● WORK TASK
Take every line from the listing below that includes "follows" and copy it.

● SUPPLIED MATERIAL

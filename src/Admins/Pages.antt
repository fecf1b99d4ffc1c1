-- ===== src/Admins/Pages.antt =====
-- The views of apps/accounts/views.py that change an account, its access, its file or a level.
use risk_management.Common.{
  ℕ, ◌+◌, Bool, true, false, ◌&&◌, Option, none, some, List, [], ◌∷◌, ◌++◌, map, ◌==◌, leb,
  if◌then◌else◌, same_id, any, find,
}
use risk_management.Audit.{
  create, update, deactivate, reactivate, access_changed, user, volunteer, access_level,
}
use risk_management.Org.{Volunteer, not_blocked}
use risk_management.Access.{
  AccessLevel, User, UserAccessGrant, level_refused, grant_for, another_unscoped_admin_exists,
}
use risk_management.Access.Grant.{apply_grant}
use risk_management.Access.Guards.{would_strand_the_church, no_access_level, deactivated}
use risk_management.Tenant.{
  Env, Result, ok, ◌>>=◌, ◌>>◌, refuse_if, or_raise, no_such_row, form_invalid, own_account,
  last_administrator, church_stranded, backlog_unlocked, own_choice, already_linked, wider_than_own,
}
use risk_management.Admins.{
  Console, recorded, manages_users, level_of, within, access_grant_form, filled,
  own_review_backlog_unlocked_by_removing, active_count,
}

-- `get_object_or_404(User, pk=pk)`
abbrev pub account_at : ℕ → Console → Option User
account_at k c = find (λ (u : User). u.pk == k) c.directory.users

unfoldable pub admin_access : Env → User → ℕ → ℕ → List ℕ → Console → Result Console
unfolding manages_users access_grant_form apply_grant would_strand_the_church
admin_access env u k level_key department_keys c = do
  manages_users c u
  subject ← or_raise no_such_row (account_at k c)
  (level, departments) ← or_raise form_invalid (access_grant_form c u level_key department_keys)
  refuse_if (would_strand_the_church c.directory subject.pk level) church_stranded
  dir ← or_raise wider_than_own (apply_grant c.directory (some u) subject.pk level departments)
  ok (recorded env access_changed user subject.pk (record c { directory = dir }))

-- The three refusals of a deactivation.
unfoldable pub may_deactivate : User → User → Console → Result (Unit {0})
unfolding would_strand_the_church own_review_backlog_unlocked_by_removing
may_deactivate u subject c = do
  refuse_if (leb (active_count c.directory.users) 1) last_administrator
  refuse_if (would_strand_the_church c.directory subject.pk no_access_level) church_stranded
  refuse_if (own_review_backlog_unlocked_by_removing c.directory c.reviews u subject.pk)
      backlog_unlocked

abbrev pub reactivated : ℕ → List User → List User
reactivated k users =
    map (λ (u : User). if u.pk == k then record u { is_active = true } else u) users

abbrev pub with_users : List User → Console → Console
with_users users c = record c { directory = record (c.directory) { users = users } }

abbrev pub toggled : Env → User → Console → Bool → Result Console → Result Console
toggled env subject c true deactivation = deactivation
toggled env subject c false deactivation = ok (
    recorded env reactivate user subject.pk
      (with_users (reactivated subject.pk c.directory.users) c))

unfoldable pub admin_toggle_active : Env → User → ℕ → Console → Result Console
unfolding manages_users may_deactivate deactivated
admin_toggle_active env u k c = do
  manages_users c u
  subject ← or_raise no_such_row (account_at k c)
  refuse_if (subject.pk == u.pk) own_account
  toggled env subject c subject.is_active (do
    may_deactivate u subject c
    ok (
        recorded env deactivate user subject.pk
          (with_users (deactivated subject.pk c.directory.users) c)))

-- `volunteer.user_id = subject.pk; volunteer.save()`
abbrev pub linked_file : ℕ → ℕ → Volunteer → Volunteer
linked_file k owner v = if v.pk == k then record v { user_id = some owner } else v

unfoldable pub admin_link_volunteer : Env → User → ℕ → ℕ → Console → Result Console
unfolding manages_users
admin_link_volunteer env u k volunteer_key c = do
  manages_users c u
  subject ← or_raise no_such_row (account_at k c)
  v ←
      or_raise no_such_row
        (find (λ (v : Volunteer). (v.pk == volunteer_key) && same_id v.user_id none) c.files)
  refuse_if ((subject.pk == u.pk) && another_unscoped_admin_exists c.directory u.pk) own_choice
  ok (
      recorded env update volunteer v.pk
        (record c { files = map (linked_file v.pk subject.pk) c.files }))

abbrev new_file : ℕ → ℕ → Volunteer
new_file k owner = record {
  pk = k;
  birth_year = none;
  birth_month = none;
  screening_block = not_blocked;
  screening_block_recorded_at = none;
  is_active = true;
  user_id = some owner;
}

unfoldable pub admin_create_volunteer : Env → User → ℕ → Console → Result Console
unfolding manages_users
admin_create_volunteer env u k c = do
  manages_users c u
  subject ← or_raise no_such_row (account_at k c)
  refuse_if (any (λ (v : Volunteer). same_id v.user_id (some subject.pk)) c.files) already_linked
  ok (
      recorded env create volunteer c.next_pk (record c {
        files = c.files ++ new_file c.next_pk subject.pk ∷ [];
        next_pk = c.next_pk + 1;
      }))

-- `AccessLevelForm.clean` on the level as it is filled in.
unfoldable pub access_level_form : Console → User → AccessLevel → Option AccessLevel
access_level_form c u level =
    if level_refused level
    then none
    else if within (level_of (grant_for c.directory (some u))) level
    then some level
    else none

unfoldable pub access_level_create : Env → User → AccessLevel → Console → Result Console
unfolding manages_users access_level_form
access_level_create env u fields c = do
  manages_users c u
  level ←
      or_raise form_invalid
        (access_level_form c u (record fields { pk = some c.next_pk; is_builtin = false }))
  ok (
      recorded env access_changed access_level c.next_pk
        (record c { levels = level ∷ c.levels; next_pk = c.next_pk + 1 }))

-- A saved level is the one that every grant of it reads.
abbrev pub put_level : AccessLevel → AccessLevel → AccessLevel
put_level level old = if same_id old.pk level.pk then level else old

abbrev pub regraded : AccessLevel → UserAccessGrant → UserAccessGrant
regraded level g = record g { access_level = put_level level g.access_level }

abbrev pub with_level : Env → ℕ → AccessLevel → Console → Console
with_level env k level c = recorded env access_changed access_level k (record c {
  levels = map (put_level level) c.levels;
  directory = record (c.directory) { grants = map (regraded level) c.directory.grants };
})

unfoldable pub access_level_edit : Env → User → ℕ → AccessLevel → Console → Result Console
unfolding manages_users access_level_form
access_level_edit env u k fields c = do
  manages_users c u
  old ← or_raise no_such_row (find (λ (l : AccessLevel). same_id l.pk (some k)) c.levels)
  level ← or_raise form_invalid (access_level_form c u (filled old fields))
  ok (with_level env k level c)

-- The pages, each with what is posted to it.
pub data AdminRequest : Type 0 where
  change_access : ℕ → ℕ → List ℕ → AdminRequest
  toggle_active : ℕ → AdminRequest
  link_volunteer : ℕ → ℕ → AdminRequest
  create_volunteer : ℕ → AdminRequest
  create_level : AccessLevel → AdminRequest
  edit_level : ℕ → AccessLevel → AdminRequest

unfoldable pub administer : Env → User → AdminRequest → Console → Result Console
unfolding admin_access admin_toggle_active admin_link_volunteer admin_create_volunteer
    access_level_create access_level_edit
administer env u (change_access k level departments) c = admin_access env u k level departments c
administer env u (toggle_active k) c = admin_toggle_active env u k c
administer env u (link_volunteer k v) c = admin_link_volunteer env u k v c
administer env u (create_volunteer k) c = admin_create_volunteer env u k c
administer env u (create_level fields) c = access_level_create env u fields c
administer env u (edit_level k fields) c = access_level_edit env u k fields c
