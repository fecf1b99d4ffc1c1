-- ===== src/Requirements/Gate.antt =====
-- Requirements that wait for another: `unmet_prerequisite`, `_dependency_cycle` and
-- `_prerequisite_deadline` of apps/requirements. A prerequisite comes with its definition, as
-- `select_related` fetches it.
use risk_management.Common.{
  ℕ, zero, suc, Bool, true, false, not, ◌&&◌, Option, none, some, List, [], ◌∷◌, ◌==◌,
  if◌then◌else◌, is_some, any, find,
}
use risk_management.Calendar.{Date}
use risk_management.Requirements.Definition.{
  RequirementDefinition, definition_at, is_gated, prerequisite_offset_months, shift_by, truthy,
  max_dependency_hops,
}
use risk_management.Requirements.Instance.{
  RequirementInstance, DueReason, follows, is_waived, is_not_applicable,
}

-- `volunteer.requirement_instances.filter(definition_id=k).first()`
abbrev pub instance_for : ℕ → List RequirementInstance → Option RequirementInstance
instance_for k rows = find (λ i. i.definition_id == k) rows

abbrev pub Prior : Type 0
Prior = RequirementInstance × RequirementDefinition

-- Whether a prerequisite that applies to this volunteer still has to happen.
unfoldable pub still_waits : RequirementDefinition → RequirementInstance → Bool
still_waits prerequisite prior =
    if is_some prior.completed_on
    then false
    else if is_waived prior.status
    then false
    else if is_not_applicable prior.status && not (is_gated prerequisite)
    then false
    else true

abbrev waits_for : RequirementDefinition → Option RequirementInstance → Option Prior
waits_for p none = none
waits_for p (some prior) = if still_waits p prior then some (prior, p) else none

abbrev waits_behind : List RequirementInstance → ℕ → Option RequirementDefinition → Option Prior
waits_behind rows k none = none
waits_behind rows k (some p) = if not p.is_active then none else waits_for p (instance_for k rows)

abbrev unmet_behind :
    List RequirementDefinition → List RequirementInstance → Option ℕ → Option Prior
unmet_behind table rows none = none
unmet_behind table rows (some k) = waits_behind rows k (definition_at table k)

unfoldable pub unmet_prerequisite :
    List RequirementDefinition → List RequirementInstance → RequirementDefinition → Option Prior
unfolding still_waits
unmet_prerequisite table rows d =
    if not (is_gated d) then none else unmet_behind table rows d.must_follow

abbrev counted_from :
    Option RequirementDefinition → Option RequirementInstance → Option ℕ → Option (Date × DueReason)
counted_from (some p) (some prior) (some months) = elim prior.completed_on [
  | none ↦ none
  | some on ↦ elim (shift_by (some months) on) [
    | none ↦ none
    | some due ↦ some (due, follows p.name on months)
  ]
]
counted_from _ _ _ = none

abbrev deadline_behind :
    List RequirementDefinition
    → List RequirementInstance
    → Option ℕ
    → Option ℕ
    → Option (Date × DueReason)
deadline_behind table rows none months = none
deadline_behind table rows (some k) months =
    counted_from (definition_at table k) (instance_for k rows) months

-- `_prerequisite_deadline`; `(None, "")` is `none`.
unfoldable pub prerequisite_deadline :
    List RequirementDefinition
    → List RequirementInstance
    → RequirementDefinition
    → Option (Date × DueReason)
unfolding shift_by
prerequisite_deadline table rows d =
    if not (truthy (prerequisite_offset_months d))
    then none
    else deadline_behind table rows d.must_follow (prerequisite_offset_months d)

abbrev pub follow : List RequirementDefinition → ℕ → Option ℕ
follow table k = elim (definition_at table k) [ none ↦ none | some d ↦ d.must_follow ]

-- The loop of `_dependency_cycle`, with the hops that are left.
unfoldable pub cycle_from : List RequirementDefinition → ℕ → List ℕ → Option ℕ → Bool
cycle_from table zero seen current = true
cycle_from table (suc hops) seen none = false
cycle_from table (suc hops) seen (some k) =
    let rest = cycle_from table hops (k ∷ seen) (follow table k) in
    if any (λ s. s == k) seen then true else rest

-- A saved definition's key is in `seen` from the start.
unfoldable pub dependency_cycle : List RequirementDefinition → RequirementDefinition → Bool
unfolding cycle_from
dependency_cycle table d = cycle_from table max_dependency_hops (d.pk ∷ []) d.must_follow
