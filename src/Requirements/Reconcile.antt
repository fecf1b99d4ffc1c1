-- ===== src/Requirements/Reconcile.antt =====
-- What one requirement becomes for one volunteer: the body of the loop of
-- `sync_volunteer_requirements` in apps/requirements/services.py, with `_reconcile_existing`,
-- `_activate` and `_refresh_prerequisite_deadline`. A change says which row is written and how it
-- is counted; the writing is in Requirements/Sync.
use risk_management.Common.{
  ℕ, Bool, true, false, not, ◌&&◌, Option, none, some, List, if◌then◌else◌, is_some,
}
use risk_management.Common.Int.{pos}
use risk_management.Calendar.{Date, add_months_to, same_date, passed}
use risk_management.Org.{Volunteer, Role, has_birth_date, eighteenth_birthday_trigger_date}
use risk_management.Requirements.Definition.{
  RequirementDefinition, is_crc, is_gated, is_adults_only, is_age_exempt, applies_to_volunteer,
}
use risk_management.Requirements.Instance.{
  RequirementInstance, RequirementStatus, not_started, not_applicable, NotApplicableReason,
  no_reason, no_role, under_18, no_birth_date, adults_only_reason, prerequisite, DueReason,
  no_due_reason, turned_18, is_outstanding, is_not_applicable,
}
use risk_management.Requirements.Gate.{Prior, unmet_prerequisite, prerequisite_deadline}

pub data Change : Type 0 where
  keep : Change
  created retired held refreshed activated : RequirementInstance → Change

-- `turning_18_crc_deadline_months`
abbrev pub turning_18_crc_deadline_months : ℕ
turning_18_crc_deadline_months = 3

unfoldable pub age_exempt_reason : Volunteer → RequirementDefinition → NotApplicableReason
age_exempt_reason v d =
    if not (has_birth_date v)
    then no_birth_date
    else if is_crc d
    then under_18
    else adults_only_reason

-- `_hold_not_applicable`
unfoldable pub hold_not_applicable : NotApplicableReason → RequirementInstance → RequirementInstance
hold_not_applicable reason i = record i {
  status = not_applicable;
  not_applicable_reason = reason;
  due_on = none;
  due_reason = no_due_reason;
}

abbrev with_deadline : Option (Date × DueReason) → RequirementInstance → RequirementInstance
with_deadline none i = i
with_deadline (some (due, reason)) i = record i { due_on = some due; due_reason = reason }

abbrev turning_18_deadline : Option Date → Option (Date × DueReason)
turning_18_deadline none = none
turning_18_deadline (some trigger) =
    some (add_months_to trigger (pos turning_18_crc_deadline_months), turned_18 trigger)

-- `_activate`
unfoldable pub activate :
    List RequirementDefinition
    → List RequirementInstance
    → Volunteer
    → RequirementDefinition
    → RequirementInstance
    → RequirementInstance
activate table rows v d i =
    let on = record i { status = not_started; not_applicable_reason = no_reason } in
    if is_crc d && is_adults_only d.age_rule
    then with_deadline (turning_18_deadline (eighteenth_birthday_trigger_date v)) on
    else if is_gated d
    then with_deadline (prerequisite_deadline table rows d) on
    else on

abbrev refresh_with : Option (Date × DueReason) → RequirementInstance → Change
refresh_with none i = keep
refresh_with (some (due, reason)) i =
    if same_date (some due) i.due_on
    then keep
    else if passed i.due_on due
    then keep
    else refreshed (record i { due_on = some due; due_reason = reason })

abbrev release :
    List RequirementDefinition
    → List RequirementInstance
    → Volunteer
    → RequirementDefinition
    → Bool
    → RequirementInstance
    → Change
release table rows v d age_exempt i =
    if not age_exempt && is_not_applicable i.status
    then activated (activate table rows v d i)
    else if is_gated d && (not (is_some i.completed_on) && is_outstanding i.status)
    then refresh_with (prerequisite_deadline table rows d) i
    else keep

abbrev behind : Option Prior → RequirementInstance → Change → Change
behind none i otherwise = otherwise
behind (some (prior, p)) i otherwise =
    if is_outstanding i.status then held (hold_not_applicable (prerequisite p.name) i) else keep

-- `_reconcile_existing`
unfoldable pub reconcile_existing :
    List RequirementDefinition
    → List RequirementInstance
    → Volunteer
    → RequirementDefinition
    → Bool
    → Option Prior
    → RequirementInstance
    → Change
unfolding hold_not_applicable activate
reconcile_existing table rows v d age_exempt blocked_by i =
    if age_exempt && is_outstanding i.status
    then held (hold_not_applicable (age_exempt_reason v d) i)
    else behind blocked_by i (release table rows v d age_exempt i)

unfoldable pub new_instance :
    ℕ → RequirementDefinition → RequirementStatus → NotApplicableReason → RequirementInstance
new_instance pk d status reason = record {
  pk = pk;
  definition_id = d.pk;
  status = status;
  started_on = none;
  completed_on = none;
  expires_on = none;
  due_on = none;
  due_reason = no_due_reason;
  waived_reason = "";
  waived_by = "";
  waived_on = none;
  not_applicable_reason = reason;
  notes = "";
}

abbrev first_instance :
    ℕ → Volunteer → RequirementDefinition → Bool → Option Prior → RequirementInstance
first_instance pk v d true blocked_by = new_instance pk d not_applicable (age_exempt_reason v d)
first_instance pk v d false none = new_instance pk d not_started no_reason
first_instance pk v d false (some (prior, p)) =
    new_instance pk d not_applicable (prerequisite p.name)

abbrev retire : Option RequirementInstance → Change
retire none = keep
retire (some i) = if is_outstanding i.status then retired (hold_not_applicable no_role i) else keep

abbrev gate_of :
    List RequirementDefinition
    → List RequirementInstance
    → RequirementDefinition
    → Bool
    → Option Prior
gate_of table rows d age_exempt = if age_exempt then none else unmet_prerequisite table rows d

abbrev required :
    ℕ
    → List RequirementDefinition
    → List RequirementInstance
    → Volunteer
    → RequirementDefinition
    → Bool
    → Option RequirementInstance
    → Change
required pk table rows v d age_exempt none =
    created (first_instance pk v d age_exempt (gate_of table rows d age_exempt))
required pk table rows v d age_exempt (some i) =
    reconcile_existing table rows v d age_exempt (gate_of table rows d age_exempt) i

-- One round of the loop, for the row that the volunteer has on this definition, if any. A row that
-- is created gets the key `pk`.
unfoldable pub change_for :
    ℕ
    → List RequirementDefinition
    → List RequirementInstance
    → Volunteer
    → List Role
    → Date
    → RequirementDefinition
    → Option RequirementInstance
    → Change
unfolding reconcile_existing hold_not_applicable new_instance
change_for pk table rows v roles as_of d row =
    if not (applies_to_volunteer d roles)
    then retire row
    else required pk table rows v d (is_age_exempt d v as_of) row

● RESPONSE FOR THIS EXERCISE
  RequirementInstance, DueReason, follows, is_waived, is_not_applicable,
    | some due ↦ some (due, follows p.name on months)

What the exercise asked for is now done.